As explained in the documentation for the main `pkgmatch_similar_pkgs()`
function, ranks for the different components are combined to form a single
final ranking using the [Reciprocal Rank Fusion (RRF)
algorithm](https://plg.uwaterloo.ca/~gvcormac/cormacksigir09-rrf.pdf).

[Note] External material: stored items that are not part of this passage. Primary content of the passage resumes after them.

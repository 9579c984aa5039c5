-- ===== src/Ledger.antt =====
-- src/model.ts: `assertJobInvariant`, the check that every save of the ledger passes. An assertion is the
-- list of its tests in the order of the source, each with the message that is thrown when it holds; that a
-- number is a natural one is in the types.
pub mod Parts
pub mod Handoffs
pub mod Recoveries
pub mod Attempts
pub use Parts.{first_failure}
use herdr_harness_lite.Base.{
  List, Bool, Option, String, ◌==◌, ◌++◌, ltb, is_empty, ◌||◌, ◌∷◌, not, ◌otherwise◌, ◌&&◌, is_none,
  Eq, [], some, is_some, ◌/=◌, string_eq, some_of, option_eq,
}
use herdr_harness_lite.Model.Job.{
  JobState, Job, worker_running, max_ci_reworks, reviewer_running, blocked, recovery_approved,
  job_state_eq, max_attempt_reconciliations, publish_ready, awaiting_merge,
}
use herdr_harness_lite.Model.Platform.{Platform}
use herdr_harness_lite.Model.Incident.{
  RecoveryAction, recovery_action_eq, is_retry_action, ci_failure, ci_rework_exhausted,
  human_decision, block_class_eq, BlockClass, policy_rule, approval_basis_eq, ApprovalBasis,
}
use herdr_harness_lite.Model.Snapshot.{Lane, worker, reviewer}
use herdr_harness_lite.Ledger.Parts.{
  has_duplicate, is_ci_evidence, is_analyst_diagnosis, is_cancellation, is_reassessment,
}
use herdr_harness_lite.Base.Text.{is_blank, is_hex}
use herdr_harness_lite.Policy.Operator.{holds_of}
use herdr_harness_lite.Ledger.Attempts.{checkpoint_tests, is_receipt}
use herdr_harness_lite.Ledger.Recoveries.{
  is_candidate, has_analysis_binding, is_auditable, is_recovery_history, is_recorded,
}
use herdr_harness_lite.Ledger.Handoffs.{
  is_typed_handoff, envelope_handoff, is_bound_to_next, targets_attempt,
}
use herdr_harness_lite.Policy.Automatic.{recoveries_of}
use herdr_harness_lite.Policy.{is_falsy}

-- `new Set(xs).size !== xs.length`
abbrev has_duplicate_action : List RecoveryAction → Bool
has_duplicate_action xs = has_duplicate recovery_action_eq xs

claim_tests : Platform → Job → List (Bool × String)
claim_tests platform job =
    (is_blank job.id, "job id is empty")
    ∷ (job.state == blocked && is_none job.incident, "blocked job requires an incident")
    ∷ (
      job.state == recovery_approved && is_none job.approval,
      "recovery_approved job requires an approval",
    )
    ∷ (
      job.state == JobState.cancelled && is_none job.cancellation,
      "cancelled job requires a cancellation record",
    )
    ∷ (
      holds_of (λ b. not (is_blank b)) job.pending_brief,
      "legacy pendingBrief requires a quiescent migration",
    )
    ∷ (
      holds_of (λ h. not (is_typed_handoff platform h)) job.pending_handoff,
      "job has an invalid typed handoff",
    )
    ∷ (
      holds_of (λ h. not (is_bound_to_next job h)) job.pending_handoff,
      "pending handoff is not bound to the next ready Attempt",
    )
    ∷ (
      holds_of (λ c. not (is_cancellation platform c)) job.cancellation,
      "job has an invalid cancellation record",
    )
    ∷ []

ci_tests : Platform → Job → List (Bool × String)
ci_tests platform job =
    (ltb max_ci_reworks (job.ci_rework_count otherwise 0), "job has an invalid CI rework count")
    ∷ (
      holds_of (λ f. not (is_ci_evidence platform job f)) job.ci_failure,
      "job has invalid CI failure evidence",
    )
    ∷ (
      holds_of (λ i. i.block_class == ci_failure || i.block_class == ci_rework_exhausted)
            job.incident
          && is_none job.ci_failure,
      "CI incident requires failure evidence",
    )
    ∷ []

incident_tests : Platform → Job → List (Bool × String)
incident_tests platform job =
    (
      holds_of (λ i. is_empty i.allowed_actions || has_duplicate_action i.allowed_actions)
          job.incident,
      "incident has an invalid recovery action",
    )
    ∷ (
      holds_of (λ i. holds_of (λ c. not (is_candidate platform job i c)) i.automatic_recovery)
          job.incident,
      "incident has an invalid automatic recovery candidate",
    )
    ∷ (
      holds_of (λ i. holds_of (λ d. not (platform.is_safe_diagnostic d)) i.runtime_diagnostic)
          job.incident,
      "incident has an invalid runtime diagnostic",
    )
    ∷ (
      holds_of (λ a. holds_of (λ d. not (is_analyst_diagnosis d)) a.diagnosis) job.analysis,
      "analysis has an invalid structured diagnosis",
    )
    ∷ []

approval_tests : Platform → Job → List (Bool × String)
approval_tests platform job =
    (
      holds_of (λ a. not (is_retry_action a.action)) job.approval,
      "approval has an invalid recovery action",
    )
    ∷ (
      holds_of (λ a. not (has_analysis_binding a)) job.approval,
      "approval has an invalid analysis binding",
    )
    ∷ (
      holds_of (λ a. a.basis == some human_decision && not (is_auditable platform a)) job.approval,
      "human decision approval is not auditable",
    )
    ∷ (
      not (is_recovery_history platform job.id (recoveries_of job)),
      "job has invalid automatic recovery history",
    )
    ∷ (
      holds_of (λ a. a.basis == some policy_rule && not (is_recorded (recoveries_of job) a))
          job.approval,
      "policy approval has no automatic recovery history",
    )
    ∷ (
      some_of (λ r. not (is_reassessment platform r)) (job.reassessments otherwise []),
      "job has an invalid reassessment record",
    )
    ∷ []

-- `["<lane>_running", "blocked", "recovery_approved", "cancelled"].includes(job.state)`
abbrev pub admits_attempt : JobState → Lane → Bool
admits_attempt state lane =
    state == elim lane [ worker ↦ worker_running | reviewer ↦ reviewer_running ]
    || state == blocked
    || state == recovery_approved
    || state == JobState.cancelled

attempt_tests : Platform → Job → List (Bool × String)
attempt_tests platform job =
    (
      (job.state == worker_running || job.state == reviewer_running) && is_none job.active_attempt,
      "the running state requires an active attempt",
    )
    ∷ (
      holds_of (λ a. not (admits_attempt job.state a.lane)) job.active_attempt,
      "the attempt is bound to an invalid state",
    )
    ∷ (
      holds_of (λ a. holds_of (λ s. not (is_hex 40 s)) a.expected_remote_head_sha)
          job.active_attempt,
      "attempt has an invalid remote HEAD anchor",
    )
    ∷ (
      holds_of (λ a. holds_of (λ d. not (is_hex 64 d)) a.plan_digest) job.active_attempt,
      "attempt has an invalid plan digest",
    )
    ∷ (
      holds_of (λ a. is_some a.execution_snapshot && is_none a.plan_digest) job.active_attempt,
      "attempt execution snapshot requires a plan digest",
    )
    ∷ (
      holds_of (λ a. holds_of (λ r. not (is_receipt a r)) a.reviewer_validation_receipt)
          job.active_attempt,
      "attempt has an invalid Reviewer validation receipt binding",
    )
    ∷ []

last_tests : Platform → Job → List (Bool × String)
last_tests platform job =
    (
      holds_of (λ a. holds_of (λ h. not (is_typed_handoff platform h)) (envelope_handoff a))
          job.active_attempt,
      "job has an invalid typed handoff",
    )
    ∷ (
      holds_of (λ a. holds_of (λ h. not (targets_attempt job a h)) (envelope_handoff a))
          job.active_attempt,
      "attempt handoff targets different work",
    )
    ∷ (
      holds_of (λ a. ltb max_attempt_reconciliations (a.reconciliation_attempts otherwise 0))
          job.active_attempt,
      "attempt has an invalid reconciliation count",
    )
    ∷ (
      (job.state == publish_ready || job.state == awaiting_merge || job.state == JobState.done)
          && is_falsy job.head_sha,
      "the state requires headSha",
    )
    ∷ (
      holds_of (λ a. a.task_digest /= job.task.digest) job.analyst,
      "analyst is bound to a different task digest",
    )
    ∷ []

-- The message that is thrown, if one is.
unfoldable pub assert_job_invariant : Platform → Job → Option String
unfolding claim_tests ci_tests incident_tests approval_tests attempt_tests last_tests
assert_job_invariant platform job = first_failure (
    claim_tests platform job
    ++ (ci_tests platform job
        ++ (incident_tests platform job
            ++ (approval_tests platform job
                ++ (attempt_tests platform job
                    ++ (checkpoint_tests platform job ++ last_tests platform job))))))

That
function also includes an additional `lm_proportion` parameter which can be
used to weight the relative contributions of these different components.
Results from the LM component are:

```{r odbc-cran-match-lm-fakey, eval = FALSE}
pkgmatch_similar_pkgs (destfile, corpus = "cran", lm_proportion = 1)
```
```{r odbc-cran-match-lm, echo = FALSE, eval = TRUE}
list (
    text = c ("odbc", "rocker", "FormShare", "CDMConnector", "ODB"),
    code = c ("odbc", "RODBCDBI", "sjdbc", "RODBC", "stacomirtools")
)
```

Results from other other component, comparing relative token frequencies with
all CRAN packages, including frequencies of code tokens, are:

```{r odbc-cran-match-bm25-fakey, eval = FALSE}
pkgmatch_similar_pkgs (destfile, corpus = "cran", lm_proportion = 0)
```
```{r odbc-cran-match-bm25, echo = FALSE, eval = TRUE}
list (
    text = c ("odbc", "implyr", "DatabaseConnector", "sparklyr", "gbifdb"),
    code = c ("odbc", "rsconnect", "pkgload", "xfun", "pak")
)
```

And there are notable differences between the two sets of results. As also
explained in the documentation for `pkgmatch_similar_pkgs()`, all internal
function calls are locally cached, so that this function can be easily and
quickly re-run with different values of `lm_proportion`.